BEGIN EXERCISE DATA
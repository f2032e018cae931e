-- ===== src/Keys/Generators.antt =====
-- kem/api/key_generator.rs and dsa/api/key_generator.rs: pairs of keys for an algorithm.
use qubitcrypt.Outcome.{ok, map_err, key_pair_generation_failed}
use qubitcrypt.Effect.{Eff, pure, map_error, ◌>>=◌}
use qubitcrypt.Kem.Types as KemTypes
use qubitcrypt.Kem.Algorithm as KemAlgorithm
use qubitcrypt.Kem.Algorithm.{KemAlgorithm}
use qubitcrypt.Kem.Manager as KemManager
use qubitcrypt.Kem.Manager.{kem_manager}
use qubitcrypt.Dsa.Types as DsaTypes
use qubitcrypt.Dsa.Algorithm as DsaAlgorithm
use qubitcrypt.Dsa.Algorithm.{DsaAlgorithm}
use qubitcrypt.Dsa.Manager as DsaManager
use qubitcrypt.Dsa.Manager.{dsa_manager}
use qubitcrypt.Keys.PublicKey as Public
use qubitcrypt.Keys.PublicKey.{PublicKey}
use qubitcrypt.Keys.PrivateKey as Private
use qubitcrypt.Keys.PrivateKey.{PrivateKey}

module _ {W R : Type 0} where
  -- `KemKeyGenerator::generate`.
  unfoldable pub kem_generate :
      KemManager.Primitives W R → KemAlgorithm → Eff W (PublicKey × PrivateKey)
  unfolding KemAlgorithm.get_kem_type KemTypes.get_oid kem_manager KemManager.operations Public.new
      Private.new
  kem_generate p algorithm = do
    kem ← pure (kem_manager (KemAlgorithm.get_kem_type algorithm))
    keys ← map_error key_pair_generation_failed (KemManager.operations p kem).key_gen
    pk ← pure (
        map_err key_pair_generation_failed
          (Public.new (KemTypes.get_oid (KemAlgorithm.get_kem_type algorithm)) keys.0))
    sk ← pure (
        map_err key_pair_generation_failed
          (Private.new (KemTypes.get_oid (KemAlgorithm.get_kem_type algorithm)) keys.1))
    pure (ok (pk, sk))

  -- `DsaKeyGenerator::generate`.
  unfoldable pub dsa_generate :
      DsaManager.Primitives W R → DsaAlgorithm → Eff W (PublicKey × PrivateKey)
  unfolding DsaAlgorithm.get_dsa_type DsaTypes.get_oid dsa_manager DsaManager.operations Public.new
      Private.new
  dsa_generate p algorithm = do
    dsa ← pure (dsa_manager (DsaAlgorithm.get_dsa_type algorithm))
    keys ← (DsaManager.operations p dsa).key_gen
    pk ← pure (Public.new (DsaTypes.get_oid (DsaAlgorithm.get_dsa_type algorithm)) keys.0)
    sk ← pure (Private.new (DsaTypes.get_oid (DsaAlgorithm.get_dsa_type algorithm)) keys.1)
    pure (ok (pk, sk))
END EXERCISE DATA
WHAT NEEDS TO BE DONE
Wherever a line holds the word "operations", copy that line out of the entries above.

EXERCISE ANSWER
  unfolding KemAlgorithm.get_kem_type KemTypes.get_oid kem_manager KemManager.operations Public.new
    keys ← map_error key_pair_generation_failed (KemManager.operations p kem).key_gen
  unfolding DsaAlgorithm.get_dsa_type DsaTypes.get_oid dsa_manager DsaManager.operations Public.new
    keys ← (DsaManager.operations p dsa).key_gen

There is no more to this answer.